Brief: Transcribe all of the data, leaving nothing out and changing nothing.

Data records:
________________
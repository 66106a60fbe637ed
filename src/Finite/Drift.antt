-- ===== src/Finite/Drift.antt =====
-- What `validate_plan` accepts.
use ptf.Prelude.{
  ℕ, suc, String, Bool, true, false, ◌==◌, ◌≡◌, refl, Option, none, some, List, [], ◌∷◌, All, arith,
  ◌↔◌, inl, inr,
}
use ptf.Prelude.Table.{IsUnique, exists_where}
use ptf.Core.Json.{JsonFields}
use ptf.Core.Errors.{Result-cases, ok}
use ptf.Finite.Unit.{
  ExecutionUnit, PlanningRecord, planning_records, records_eq→eq, records_eq_refl,
}
use ptf.Finite.Validate.{seen_digest, checkpoint, no_token, collect, meets_expected, validate_plan}

abbrev pub same_key : ExecutionUnit → ExecutionUnit → Bool
same_key u v = u.unit_key == v.unit_key

-- No unit's key is in the dictionary of the loop.
abbrev IsFresh : List (String × String) → List ExecutionUnit → Type 0
IsFresh seen = All (λ u. seen_digest u.unit_key seen ≡ none)

IsFresh-cons :
    (u : ExecutionUnit) (d : String) (seen : List (String × String)) (us : List ExecutionUnit)
    → IsFresh ((u.unit_key, d) ∷ seen) us
      ↔ ((exists_where (same_key u) us ≡ false) × IsFresh seen us)
unfolding seen_digest exists_where
IsFresh-cons u d seen [] = (λ h. (refl, tt), λ h. tt)
IsFresh-cons u d seen (v ∷ us) = ground (arith, IsFresh-cons u d seen us)

IsFresh-nil : (us : List ExecutionUnit) → IsFresh [] us
unfolding seen_digest
IsFresh-nil [] = tt
IsFresh-nil (u ∷ us) = (refl, IsFresh-nil us)

module _ (digest : JsonFields → String) (token : ℕ → Option String) where
  collect-ok :
      (n : ℕ) (seen : List (String × String)) (us vs : List ExecutionUnit)
      → collect digest token n seen us ≡ ok vs
      → (vs ≡ us) × IsUnique same_key us × IsFresh seen us
  unfolding collect checkpoint
  collect-ok n seen [] vs h = ground arith
  collect-ok n seen (u ∷ us) vs h =
      let seen' = (u.unit_key, digest u.payload) ∷ seen in
      elim (Result-cases (collect digest token (suc n) seen' us)) [
        | inl (ws, e) ↦
            let ih = collect-ok (suc n) seen' us ws e in
            ground (arith, ih, IsFresh-cons u (digest u.payload) seen us)
        | inr (x, e) ↦ absurd (ground (arith, e))
      ]

  collect-accepts :
      (n : ℕ) (seen : List (String × String)) (us : List ExecutionUnit)
      → ((k : ℕ) → token k ≡ none)
      → IsUnique same_key us
      → IsFresh seen us
      → collect digest token n seen us ≡ ok us
  unfolding collect checkpoint
  collect-accepts n seen [] live uniq fresh = ground (arith, live n)
  collect-accepts n seen (u ∷ us) live uniq fresh = ground (
    arith,
    live n,
    IsFresh-cons u (digest u.payload) seen us,
    collect-accepts (suc n) ((u.unit_key, digest u.payload) ∷ seen) us live uniq.1,
  )

  -- A plan is accepted only whole: the units come back as the planner yielded them, no two share a
  -- key, and their records are the durable ones where such are given.
  pub validate_plan-ok :
      (expected : Option (List PlanningRecord)) (emitted units : List ExecutionUnit)
      → validate_plan digest token expected emitted ≡ ok units
      → (units ≡ emitted)
        × IsUnique same_key units
        × (meets_expected expected (planning_records digest 0 units) ≡ true)
  unfolding validate_plan checkpoint
  validate_plan-ok expected emitted units h =
      elim (Result-cases (collect digest token 1 [] emitted)) [
        | inl (ws, e) ↦ ground (arith, collect-ok 1 [] emitted ws e)
        | inr (x, e) ↦ absurd (ground (arith, e))
      ]

-- Replanning detects drift exactly: against durable records, a planner that is not cancelled is
-- accepted if and only if its keys are distinct and it reproduces every record in order.
pub validate_plan-accepts_iff :
    (digest : JsonFields → String) (recorded : List PlanningRecord) (emitted : List ExecutionUnit)
    → (validate_plan digest no_token (some recorded) emitted ≡ ok emitted)
      ↔ (IsUnique same_key emitted × (planning_records digest 0 emitted ≡ recorded))
unfolding validate_plan checkpoint meets_expected
validate_plan-accepts_iff digest recorded emitted = (
  λ h.
      let r = validate_plan-ok digest no_token (some recorded) emitted emitted h in
      (r.1, records_eq→eq _ _ r.2),
  λ h. rw (
    collect-accepts digest no_token 1 [] emitted (λ k. refl) h.0 (IsFresh-nil emitted),
    h.1,
    records_eq_refl recorded,
  ),
)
________________
Answer space:
repository 66106a60fbe637ed
filename src/Finite/Drift.antt
-- ===== src/Finite/Drift.antt =====
-- What `validate_plan` accepts.
use ptf.Prelude.{
  ℕ, suc, String, Bool, true, false, ◌==◌, ◌≡◌, refl, Option, none, some, List, [], ◌∷◌, All, arith,
  ◌↔◌, inl, inr,
}
use ptf.Prelude.Table.{IsUnique, exists_where}
use ptf.Core.Json.{JsonFields}
use ptf.Core.Errors.{Result-cases, ok}
use ptf.Finite.Unit.{
  ExecutionUnit, PlanningRecord, planning_records, records_eq→eq, records_eq_refl,
}
use ptf.Finite.Validate.{seen_digest, checkpoint, no_token, collect, meets_expected, validate_plan}

abbrev pub same_key : ExecutionUnit → ExecutionUnit → Bool
same_key u v = u.unit_key == v.unit_key

-- No unit's key is in the dictionary of the loop.
abbrev IsFresh : List (String × String) → List ExecutionUnit → Type 0
IsFresh seen = All (λ u. seen_digest u.unit_key seen ≡ none)

IsFresh-cons :
    (u : ExecutionUnit) (d : String) (seen : List (String × String)) (us : List ExecutionUnit)
    → IsFresh ((u.unit_key, d) ∷ seen) us
      ↔ ((exists_where (same_key u) us ≡ false) × IsFresh seen us)
unfolding seen_digest exists_where
IsFresh-cons u d seen [] = (λ h. (refl, tt), λ h. tt)
IsFresh-cons u d seen (v ∷ us) = ground (arith, IsFresh-cons u d seen us)

IsFresh-nil : (us : List ExecutionUnit) → IsFresh [] us
unfolding seen_digest
IsFresh-nil [] = tt
IsFresh-nil (u ∷ us) = (refl, IsFresh-nil us)

module _ (digest : JsonFields → String) (token : ℕ → Option String) where
  collect-ok :
      (n : ℕ) (seen : List (String × String)) (us vs : List ExecutionUnit)
      → collect digest token n seen us ≡ ok vs
      → (vs ≡ us) × IsUnique same_key us × IsFresh seen us
  unfolding collect checkpoint
  collect-ok n seen [] vs h = ground arith
  collect-ok n seen (u ∷ us) vs h =
      let seen' = (u.unit_key, digest u.payload) ∷ seen in
      elim (Result-cases (collect digest token (suc n) seen' us)) [
        | inl (ws, e) ↦
            let ih = collect-ok (suc n) seen' us ws e in
            ground (arith, ih, IsFresh-cons u (digest u.payload) seen us)
        | inr (x, e) ↦ absurd (ground (arith, e))
      ]

  collect-accepts :
      (n : ℕ) (seen : List (String × String)) (us : List ExecutionUnit)
      → ((k : ℕ) → token k ≡ none)
      → IsUnique same_key us
      → IsFresh seen us
      → collect digest token n seen us ≡ ok us
  unfolding collect checkpoint
  collect-accepts n seen [] live uniq fresh = ground (arith, live n)
  collect-accepts n seen (u ∷ us) live uniq fresh = ground (
    arith,
    live n,
    IsFresh-cons u (digest u.payload) seen us,
    collect-accepts (suc n) ((u.unit_key, digest u.payload) ∷ seen) us live uniq.1,
  )

  -- A plan is accepted only whole: the units come back as the planner yielded them, no two share a
  -- key, and their records are the durable ones where such are given.
  pub validate_plan-ok :
      (expected : Option (List PlanningRecord)) (emitted units : List ExecutionUnit)
      → validate_plan digest token expected emitted ≡ ok units
      → (units ≡ emitted)
        × IsUnique same_key units
        × (meets_expected expected (planning_records digest 0 units) ≡ true)
  unfolding validate_plan checkpoint
  validate_plan-ok expected emitted units h =
      elim (Result-cases (collect digest token 1 [] emitted)) [
        | inl (ws, e) ↦ ground (arith, collect-ok 1 [] emitted ws e)
        | inr (x, e) ↦ absurd (ground (arith, e))
      ]

-- Replanning detects drift exactly: against durable records, a planner that is not cancelled is
-- accepted if and only if its keys are distinct and it reproduces every record in order.
pub validate_plan-accepts_iff :
    (digest : JsonFields → String) (recorded : List PlanningRecord) (emitted : List ExecutionUnit)
    → (validate_plan digest no_token (some recorded) emitted ≡ ok emitted)
      ↔ (IsUnique same_key emitted × (planning_records digest 0 emitted ≡ recorded))
unfolding validate_plan checkpoint meets_expected
validate_plan-accepts_iff digest recorded emitted = (
  λ h.
      let r = validate_plan-ok digest no_token (some recorded) emitted emitted h in
      (r.1, records_eq→eq _ _ r.2),
  λ h. rw (
    collect-accepts digest no_token 1 [] emitted (λ k. refl) h.0 (IsFresh-nil emitted),
    h.1,
    records_eq_refl recorded,
  ),
)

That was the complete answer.